Я уже несколько месяцев сражалась с доктором Уоттсом, Аберкромби и прочими, когда тетушка с неохотой осознала, что, как бы ни была хороша школа для других, мой ум и здоровье ничуть не улучшаются. Придя к этому выводу, она решила больше не ставить экспериментов с крупными женскими семинариями, а обучать меня дома, как сможет.

В то же время я знаю, что моя дорогая тетушка тяжело переживала крушение всех своих планов на мое образование. Ради меня она пошла на большие жертвы, оставив отчий дом. И все эти жертвы оказались напрасными. Она, должно быть, испытывала острое разочарование и сожаление из-за утрат, трудов, расходов — и, пуще всего, из-за моего бездарно потраченного времени.

И все же, в конце концов, мое время в школе, пожалуй, не пропало даром! Этот опыт мог принести плоды, о которых я и не подозреваю. К тому же я *кое-чему* научилась! Я узнала, что логика — это искусство исследования и передачи Истины!

ГЛАВА VIII

Для моего домашнего обучения в подготовительной школе нашли учителей. Счастливая возможностью сбежать из классной комнаты, я трудилась так, как не трудилась еще ни одна девица: я обожала свой летний стол на яблоне в саду, обожала зимний стол у пылающего дерева в кабинете моего дяди, страстно любила музыку и интересовалась другими назначенными мне предметами. Без соревновательных экзаменов, которые могли бы меня подстегнуть, я все же делала хорошие успехи. Не достигнув и тринадцати лет, я уже научилась свободно читать по-французки. Я проливала слезы над нежной повестью о Пиччоле и горестях Поля и Виргинии. Я плавала с Улиссом и топтал цветущие поля с Калипсо. Тетушка увлекла меня изучением истории, позволяя в качестве награды читать те романы Вальтера Скотта, которые основаны на исторических событиях. Моя любовь к музыке и стремление преуспеть в ней делали меня терпеливой к эксцентричному учителю музыки, бродяге, единственному апостолу-первопроходцу классической музыки во всей Виргинии, который не раз являлся среди ночи и поднимал меня на урок; и который, в то время как другие барышни играли «Пражскую битву» и «Переход Бонапарта через Рейн» или распевали предвыборные песни героя хижины из бревен, учил меня любить Бетховена и Листа и различать отзвуки голосов того гения, тогда еще молодого, чья волшебная музыка не падала тогда — и никогда после — на глухие уши. Мы с тетушкой читали вперемежку избранные места, начиная с «Королевы фей» и сквозь эпохи более поздних королев — Елизаветы и Анны, — и положили начало чтению о королеве, к которой я питала чувства и которая подарила свое имя столь прекрасной эпохе фантазии и изящной словесности. О, как жаль того умственного развития, которое я могла бы получить благодаря изучению математики! Если бы не то обстоятельство, что нехватка этой подготовки должна быть очевидна всем, кто достаточно добр, чтобы слушать мой рассказ, я могла бы процитировать Джозефа Джефферсона в пересказе мистера Уильяма Винтера: «Ну посмотрите на меня! Кажется, я неплохо со всем справлялся, но я бы ни за что на свете не смог сложить столбец цифр». Единственные цифры, в которых я хоть что-то смыслю, — это фигуры речи. К счастью, мне редко доводилось складывать. Моих знаний вполне хватало для моих нужд.

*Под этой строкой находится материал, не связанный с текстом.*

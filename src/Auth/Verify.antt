-- ===== src/Auth/Verify.antt =====
-- The constant-time comparison decides equality.
use Prim.Native.Nat.{bit_or, bit_xor}
use iog.Prelude.{
  ℕ, ◌<◌, ◌≡◌, refl, ◌↔◌, Bool, true, false, not, ◌&&◌, List, [], ◌∷◌, arith, ◌==◌, ltb, length,
  All,
}
use iog.Prelude.Tables.{all_below, all_below-apply}
use iog.Bytes.{IsByte}
use iog.Auth.{Hmac, HmacLaws, differences, compute_response, verify_response}

abbrev same : Bool → Bool → Bool
same true b = b
same false b = not b

abbrev pair_test : ℕ → ℕ → Bool
pair_test a b =
    ltb (bit_or a b) 256
    && ltb (bit_xor a b) 256
    && same (bit_or a b == 0) ((a == 0) && (b == 0))
    && same (bit_xor a b == 0) (a == b)

pair_table : all_below 256 (λ a. all_below 256 (λ b. pair_test a b)) ≡ true
unfolding all_below
pair_table = refl

pair_test-true : (a b : ℕ) → a < 256 → b < 256 → pair_test a b ≡ true
pair_test-true a b h k =
    all_below-apply 256 (λ y. pair_test a y) b
      (all_below-apply 256 (λ x. all_below 256 (λ y. pair_test x y)) a pair_table h) k

-- The loop ends in 0 exactly if it starts there and the two slices, of one length, agree.
differences-eq-zero :
    (result : ℕ) (xs ys : List ℕ)
    → result < 256
    → All IsByte xs
    → All IsByte ys
    → length xs ≡ length ys
    → (differences result xs ys ≡ 0) ↔ ((result ≡ 0) × (xs ≡ ys))
unfolding differences
differences-eq-zero result [] [] h hx hy e = ground arith
differences-eq-zero result [] (y ∷ ys) h hx hy e = absurd (omega arith)
differences-eq-zero result (x ∷ xs) [] h hx hy e = absurd (omega arith)
differences-eq-zero result (x ∷ xs) (y ∷ ys) h hx hy e = ground (
  arith,
  pair_test-true x y hx.0 hy.0,
  pair_test-true result (bit_xor x y) h,
  differences-eq-zero (bit_or result (bit_xor x y)) xs ys,
)

-- A response is accepted exactly if it is the HMAC tag of the nonce under the key: on bytes, and
-- with tags of 32 bytes, whatever the length of the response.
pub verify_response_iff :
    ⦃h : Hmac⦄ (laws : HmacLaws h) (key nonce response : List ℕ)
    → All IsByte response
    → (verify_response key nonce response ≡ true) ↔ (response ≡ compute_response key nonce)
unfolding verify_response compute_response
verify_response_iff ⦃h⦄ laws key nonce response bytes = ground (
  arith,
  laws.tag_length key nonce,
  differences-eq-zero 0 (h.tag key nonce) response (omega arith) (laws.tag-IsByte key nonce) bytes,
)
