-- ===== src/Statistics.antt =====
-- gateway/consts.rs: constants, the gateway's state and the traffic counters.
use iog.Prelude.{ℕ}
use iog.Bytes.{add_u64}

abbrev pub buffer_size : ℕ
buffer_size = 16384

abbrev pub gw_ping_period : ℕ
gw_ping_period = 30

abbrev pub gw_reconnect_timeout : ℕ
gw_reconnect_timeout = 5000

abbrev pub gw_readiness_timeout : ℕ
gw_readiness_timeout = 5000

abbrev pub max_data_size : ℕ
max_data_size = 10_485_760

pub data GatewayState : Type 0 where
  waiting processing connected : GatewayState

-- An `i64` of seconds since the epoch.
pub data Timestamp : Type 0 where
  pos : ℕ → Timestamp
  negsuc : ℕ → Timestamp

pub record ConnectionStatistics : Type 0 where
  pub packets_in : ℕ
  pub packets_out : ℕ
  pub bytes_in : ℕ
  pub bytes_out : ℕ
  pub connection_time : Timestamp

unfoldable pub new : ConnectionStatistics
new = record {
  packets_in = 0;
  packets_out = 0;
  bytes_in = 0;
  bytes_out = 0;
  connection_time = pos 0;
}

unfoldable pub inc_packets_in : ConnectionStatistics → ConnectionStatistics
inc_packets_in s = record s { packets_in = add_u64 s.packets_in 1 }

unfoldable pub inc_packets_out : ConnectionStatistics → ConnectionStatistics
inc_packets_out s = record s { packets_out = add_u64 s.packets_out 1 }

unfoldable pub add_bytes_in : ConnectionStatistics → ℕ → ConnectionStatistics
add_bytes_in s bytes = record s { bytes_in = add_u64 s.bytes_in bytes }

unfoldable pub add_bytes_out : ConnectionStatistics → ℕ → ConnectionStatistics
add_bytes_out s bytes = record s { bytes_out = add_u64 s.bytes_out bytes }
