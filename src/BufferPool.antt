-- ===== src/BufferPool.antt =====
-- gateway/buffer_pool.rs: the pool of read buffers. A `Vec<u8>` is its contents and its capacity;
-- the head of `buffers` is the end of the vector, where `push` and `pop` work. `poisoned` tells
-- that `lock` fails because a thread panicked while it held the lock.
pub mod Clean
pub mod Growth
use iog.Prelude.{
  ℕ, zero, suc, ◌+◌, ◌-◌, ◌*◌, ◌≡◌, max, Bool, true, false, Option, none, some, List, [], ◌∷◌, ◌++◌,
  if◌then◌else◌, ltb, leb, length, take, replicate,
}
use iog.Statistics.{buffer_size}

abbrev pub pool_size : ℕ
pool_size = 100

pub record Buffer : Type 0 where
  pub bytes : List ℕ
  pub capacity : ℕ

-- `vec![0u8; n]`
unfoldable pub zeros : ℕ → Buffer
zeros n = record { bytes = replicate n 0; capacity = n }

-- `Vec::resize`: the capacity grows by doubling, to 8 at least, where the new size needs it.
unfoldable pub resize : Buffer → ℕ → ℕ → Buffer
resize b n value = record {
  bytes = take n b.bytes ++ replicate (n - length b.bytes) value;
  capacity = if leb n b.capacity then b.capacity else max 8 (max (b.capacity * 2) n);
}

-- `BufferPool` and its `BufferPoolInner` in one record.
pub record BufferPool : Type 0 where
  pub buffers : List Buffer
  pub poisoned : Bool
  pub size : ℕ

-- `size` is the source's `buffer_size`, the size to restore on `drop`.
pub record PooledBuffer : Type 0 where
  pub buffer : Buffer
  pub size : ℕ

unfoldable pub pooled : Buffer → PooledBuffer
pooled b = record { buffer = b; size = max b.capacity (length b.bytes) }

unfoldable pub new : ℕ → ℕ → BufferPool
unfolding zeros
new count size = record { buffers = replicate count (zeros size); poisoned = false; size = size }

unfoldable pub default : BufferPool
unfolding new
default = new pool_size buffer_size

abbrev pop : List Buffer → Buffer → Buffer × List Buffer
pop [] fresh = (fresh, [])
pop (b ∷ rest) fresh = (b, rest)

unfoldable pub acquire : BufferPool → PooledBuffer × BufferPool
unfolding zeros pooled
acquire pool =
    let (b, rest) = pop pool.buffers (zeros pool.size) in
    if pool.poisoned
    then (pooled (zeros pool.size), pool)
    else (pooled b, record pool { buffers = rest })

-- `Drop for PooledBuffer`: `clear` keeps the capacity, `resize` fills with zeros.
unfoldable pub drop : BufferPool → PooledBuffer → BufferPool
unfolding resize
drop pool p =
    let buffer = resize (record { bytes = []; capacity = p.buffer.capacity }) p.size 0 in
    if pool.poisoned
    then pool
    else if ltb (length pool.buffers) pool_size
    then record pool { buffers = buffer ∷ pool.buffers }
    else pool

Мой учитель французского, мистер Мертонс — коренастый немец в очках с торчащим пучком жестких черных волос, — буквально вколачивал в меня французский язык. Держа учебник в поднятой левой руке, он подчеркивал каждое правило правым кулаком, с силой обрушивая его на махагоновый стол моей тетушки. Если измерять успех результатами, могу лишь сказать, что хотя я и находила некоторое очарование у мадам де Севинье и Дюма, в отношении Расина и Мольера я была довольно тугодумна; а что касается разговорной речи! Я обычно умудряюсь передать жестами и неспешным английским смутное подобие своего смысла в беседе с вежливым французом, но на него нисходит непроглядная тьма, когда я говорю с ним «на французском, на котором во Франции не говорят». Дар «разных языков» мне дарован не был.

Учитель музыки заслуживает большего, чем просто мимолетное упоминание. Он был уникален. Мистер Уильям К. Ривз отыскал его где-то во Франции и пообещал ему солидное жалование, если он приедет в Америку, поселится в Шарлоттсвилле или поблизости от него и будет обучать его дочь Амели. Он был воплощением непрактичности: без всяких манер, без малейшего представления о бизнесе, порядке или необходимости платить долги, но он же был и воплощением музыки! Мой дядя снова и снова выручал его из беды перед шерифом и освобождал под поручительство. В конце концов он уже не мог появляться в городе при дневном свете и часто являлся на мои уроки посреди ночи. Тетушка охотно вставала и одевалась, чтобы присутствовать при этом. Мой учитель исчезывал до рассвета. Он был должен денег всему городу, и у него не было ни малейшего намерения когда-либо их возвращать. Не раз его беззащитная спина могла бы послужить свидетельством ущемленных чувств какого-нибудь кредитора. Но он был изобретателен. Впоследствии он носил все свои ноты — толстую пачку — в чехле, пришитом к подкладке пальто. В щите нуждалась его спина, а не грудь. Было забавно наблюдать, как он, так сказать, упаковывает сам себя, прежде чем отважиться выйти на люди.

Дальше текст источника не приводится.